Пьянство давно уже не было для него отдохновением.
Оно было адской, на износ, работой.
Ни одной большой вещи в этом году написано не было.
Несколько раз он рассказывал знакомым, что задумал и скоро напишет роман. Но никакого романа написать Есенин был не в состоянии.
Всего в 1925 году им будет создано 58 стихотворений и три «маленькие поэмы» — по сути, тоже стихотворения.
61 вещь. По одному стихотворению в шесть дней. На стихотворение у него уходило полчаса-час. Раз в шесть дней находил на это время.
Нет ни малейших оснований утверждать, что подобная работоспособность исключает совершенно очевидный, суицидальный есенинский алкоголизм.
Действительно, были годы — скажем, в имажинистский период, — когда Есенин писал меньше, чем в 1925-м. Но тогда он работал больше: торговал в книжной лавке на Никитской, постоянно выступал в «Стойле Пегаса», занимался изданием книжиц — своих и товарищей по ремеслу, решал множество разнообразных дел, не имея никаких помощниц вроде Бениславской и Берзинь.
Теперь, имея возможность публиковать стихи в советских газетах по высшей гонорарной ставке, он не работал больше нигде, последовательно добивая себя на получаемые со стихов рубли.
…Гоняет себя по всей Москве, пьёт чёрт знает что чёрт знает с кем, а ранним утром сидит на мостовой и рыдает — это что вообще, вы понимаете?
Это человек сам с собой прощается, вот что.
* * *
В первые дни июня к Есенину явилась целая делегация из Константинова — звать на свадьбу двоюродного брата Александра Ерошина.
Братьев своих Есенин толком не знал: они и в детстве-то не очень дружили, а сейчас — взрослые мужики, что у них общего? Ничего.
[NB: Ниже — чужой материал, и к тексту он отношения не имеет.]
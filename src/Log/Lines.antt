-- ===== src/Log/Lines.antt =====
-- kernel/log.c: what the consoles get of a message.
use ultra.Prelude.{
  ℕ, zero, suc, ◌+◌, ◌-◌, ◌%◌, ◌^◌, ◌≤◌, ◌<◌, ◌≡◌, refl, sym, ap, ap₂, ◌∙◌, arith, Bool, some, List,
  [], ◌∷◌, ◌++◌, length, length-take, take, drop, min, ◌==◌, if◌then◌else◌, le→leb_false, done,
  Returns, Returns-bind,
}
use ultra.Console.{Consoles}
use ultra.Console.Register.{Lists, console_write-Lists}
use ultra.Format.Buffer.{shown}
use ultra.Format.Print.{vscnprintf}
use ultra.Format.Parse.{HeadNot}
use ultra.Format.Prints.{
  Directive, chars, integer, NonZero, IsFormat, Prints, room_of, format_text, format_args,
}
use ultra.Format.Directives.{size_length, unsigned_u}
use ultra.Format.Output.{ended, Outputs, vscnprintf-Outputs}
use ultra.Symbols.{Tables, found, symbol_lookup_by_address}
use ultra.Log.{
  extract_msg_level, log_level_default, Log, write_log, vprint, print, DumpState, print_frame,
  do_dump_frame,
}

length-shown : (cap : ℕ) (mem out : List ℕ) → length (shown cap mem out) ≡ length mem
unfolding shown
length-shown zero mem out = refl
length-shown (suc cap) [] out = refl
length-shown (suc cap) (m ∷ mem) [] = refl
length-shown (suc cap) (m ∷ mem) (o ∷ out) = ap suc (length-shown cap mem out)

length-ended : (cap : ℕ) (mem out : List ℕ) → length (ended cap mem out) ≡ length mem
length-ended zero mem out = refl
length-ended (suc cap) mem out = length-shown (suc cap) mem (take cap out ++ (0 ∷ []))

-- The start of what is shown.
take-shown :
    (x y mem : List ℕ) (cap : ℕ)
    → length x ≤ cap
    → cap ≤ length mem
    → take (length x) (shown cap mem (x ++ y)) ≡ x
unfolding shown
take-shown [] y mem cap h k = refl
take-shown (c ∷ x) y mem zero h k = absurd (omega arith)
take-shown (c ∷ x) y [] (suc cap) h k = absurd (omega arith)
take-shown (c ∷ x) y (m ∷ mem) (suc cap) h k =
    ap (λ l. c ∷ l) (take-shown x y mem cap (omega arith) (omega arith))

take-ended :
    (cap : ℕ) (mem out : List ℕ)
    → suc cap ≤ length mem
    → take (min (length out) cap) (ended (suc cap) mem out) ≡ take cap out
take-ended cap mem out h =
    let size : min (length out) cap ≡ length (take cap out) = omega (arith, length-take cap out) in
    rw size
      (take-shown (take cap out) (0 ∷ []) mem (suc cap) (omega (arith, length-take cap out)) h)

-- A level in front of a text, or none where the text does not start as one.
abbrev pub IsPrefix : List ℕ → List ℕ → Type 0
IsPrefix [] text = HeadNot (λ c. c == 1) text
IsPrefix (c ∷ []) text = ⊥
IsPrefix (c ∷ d ∷ []) text = c ≡ 1
IsPrefix (c ∷ d ∷ e ∷ prefix) text = ⊥

skip_prefix :
    (prefix text : List ℕ) (level : ℕ)
    → IsPrefix prefix text
    → drop (extract_msg_level (prefix ++ text) level).0 (prefix ++ text) ≡ text
unfolding extract_msg_level
skip_prefix [] [] level h = refl
skip_prefix [] (c ∷ []) level h = rw h refl
skip_prefix [] (c ∷ d ∷ text) level h = rw h refl
skip_prefix (c ∷ []) text level h = absurd h
skip_prefix (c ∷ d ∷ []) text level h = rw h refl
skip_prefix (c ∷ d ∷ e ∷ prefix) text level h = absurd h

-- The consoles got the start of the output, and the buffer for the next message is as large.
abbrev pub Logged : Log → List ℕ → List (List ℕ × Directive) → List ℕ → Log → Type 0
Logged log cons ds last log' =
    (out : List ℕ) × Prints ds last out
    × (length log'.log_buf ≡ 256)
    × (log'.writes ≡ (cons, take 255 out) ∷ log.writes)

-- The line of a frame: four spaces and "#", its depth, " in ", the symbol, "+" and the offset.
abbrev pub frame_line : ℕ → List ℕ → ℕ → List (List ℕ × Directive)
frame_line depth sym offset =
    (32 ∷ 32 ∷ 32 ∷ 32 ∷ 35 ∷ [], integer [] [] 0 size_length unsigned_u depth)
    ∷ (32 ∷ 105 ∷ 110 ∷ 32 ∷ [], chars sym)
    ∷ (43 ∷ [], integer [] [] 0 size_length unsigned_u offset)
    ∷ []

module _ (fuel : ℕ) (s : Consoles) (cons : List ℕ) (v : Lists s cons) (f : length cons < fuel) where
  write_log_lem :
      (log : Log) (n : ℕ)
      → n < 2 ^ 31
      → write_log fuel s log n
        ≡ done (record log { writes = (cons, take n log.log_buf) ∷ log.writes })
  unfolding write_log
  write_log_lem log n h = rw (le→leb_false n (2 ^ 31) h, console_write-Lists fuel s cons v f) refl

  -- A message with a level or without one, whose text is a format with its arguments: each console, from the
  -- one that was registered last on, gets the output, of which the first 255 bytes at most are printed. The
  -- buffer of the log has 256 bytes, and the room for the output is below 2^31.
  pub print-Logged :
      (ds : List (List ℕ × Directive)) (prefix last : List ℕ) (log : Log)
      → IsFormat ds last
      → IsPrefix prefix (format_text ds last)
      → room_of ds last < 2 ^ 31
      → length log.log_buf ≡ 256
      → Returns
          (print fuel s log (some (prefix ++ format_text ds last)) (format_args ds))
          (Logged log cons ds last)
  unfolding print vprint
  print-Logged ds prefix last log i p b l =
      rw (skip_prefix prefix (format_text ds last) log_level_default p) (
        Returns-bind (Outputs 256 log.log_buf ds last (λ n. min n 255)) (Logged log cons ds last)
          (vscnprintf log.log_buf 256 (format_text ds last) (format_args ds)) _
          (vscnprintf-Outputs ds last log.log_buf 256 i (omega arith) b (omega arith))
          (λ r (out, q, n, e).
            rw (write_log_lem (record log { log_buf = r.1 }) r.0 (omega (arith, n))) (
              out,
              q,
              ap length e ∙ length-ended 256 log.log_buf out ∙ l,
              ap (λ t. (cons, t) ∷ log.writes)
                  (ap₂ take n e ∙ take-ended 255 log.log_buf out (omega arith)),
            )))

  -- Where the address of a frame has a symbol, one less than the address if it stands behind a call, the consoles
  -- get the line of the frame, with the name and the offset, and the next frame is one deeper. The name has
  -- no 0 and fewer than 2^30 characters.
  pub do_dump_frame-Logged :
      (t : Tables) (state : DumpState) (addr offset : ℕ) (after_call : Bool) (sym : List ℕ)
      → symbol_lookup_by_address t (if after_call then (addr + (2 ^ 64 - 1)) % 2 ^ 64 else addr)
        ≡ done (found sym offset)
      → NonZero sym
      → length sym < 2 ^ 30
      → length (state.log.log_buf) ≡ 256
      → Returns (do_dump_frame t fuel s state addr after_call) (λ state'.
        (state'.depth ≡ (state.depth + 1) % 2 ^ 64)
        × Logged (state.log) cons (frame_line state.depth sym offset) (10 ∷ []) (state'.log))
  unfolding do_dump_frame print_frame
  do_dump_frame-Logged t state addr offset after_call sym e z h l = rw e (
      Returns-bind (Logged (state.log) cons (frame_line state.depth sym offset) (10 ∷ [])) _ _ _
        (print-Logged (frame_line state.depth sym offset) [] (10 ∷ []) (state.log)
          (
            (refl, (refl, (refl, (refl, (refl, tt))))),
            (tt, refl),
            ((refl, (refl, (refl, (refl, tt)))), z, ((refl, tt), (tt, refl), (refl, tt))),
          )
          refl (omega arith) l)
        (λ log q. (refl, q)))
Ну, родня и родня, невидаль какая; тут родных детей не видишь — а к братьям будь добр явиться да ещё улыбайся там, как будто всем рад.
Есенин отказывался: не хочу, некогда, не поеду.
Но там, в Константинове, родственники, видимо, целую сходку провели и совместно решили: надо заманить нашего знаменитого Серёжу — будет на свадьбе украшением; так что, пока согласия не даст, не возвращаться.
Уговоры длились двое суток.
Под вечер второго дня Есенин сдался: ладно, приеду. Только не один. С друзьями. С лучшими друзьями.
Заручившись многократно и на все лады повторенным клятвенным обещанием, делегаты отбыли.
7 июня на Казанский вокзал выдвинулись те, кто на уговорах присутствовал, а значит, нёс за есенинское решение личную ответственность: Галина Бениславская, Василий Наседкин и, само собой, Катя Есенина; а также те, кто Есенина в многодневном загуле не оставлял: Василий Болдовкин, Константин Муран, Александр Сахаров, Иван Старцев…
Сидели в пивной, пили пиво с раками и сушками — подавала симпатичная девушка Лёля.
Всем присутствующим она понравилась, и они ей, видимо, тоже.
Кто-то — кажется, Старцев — предложил:
— Лёля, бросьте вы эту работу, поехали с нами. Да?
— Да, — сказала Лёля, сняла фартук и оставила пивную навсегда.
К вокзалу явился ещё и… гармонист, — его специально нашёл и вызвал Есенин.
Получилась уже готовая свадьба, которая зачем-то двинулась в сторону другой свадьбы.
Запас горькой, впрок закупленной Есениным за несколько дней до отъезда, был огромен.
Всю дорогу шумели, пили, слушали гармонь.
У Наседкина был звонкий голос, отличный слух; Есенин обожал, когда он пел.
Хорошо было.
В Константинове начался сущий ужас.
Есенин всё время был не просто пьян, а безобразно пьян.
Без конца задирался и пытался то с тем, то с другим устроить драку.
Друзья вскоре обессилели, пытаясь урезонить Серёжу. Оставалась одна Бениславская, — но и та уже не справлялась, тем более что при первой же возможности Есенин сбегал, прятался и вдруг объявлялся в совершенно неожиданном месте, с новой затеей, втрое хуже прежних.
Когда его гнали со двора, начинал с улицы бить окна.
Родня прокляла тот день, когда им взбрело в голову пригласить его.
На него смотрели, как на бесноватого.
Обескураженный отец повторял, глядя на сына:
— Боже мой, Боже мой! Вскую оставил мя еси?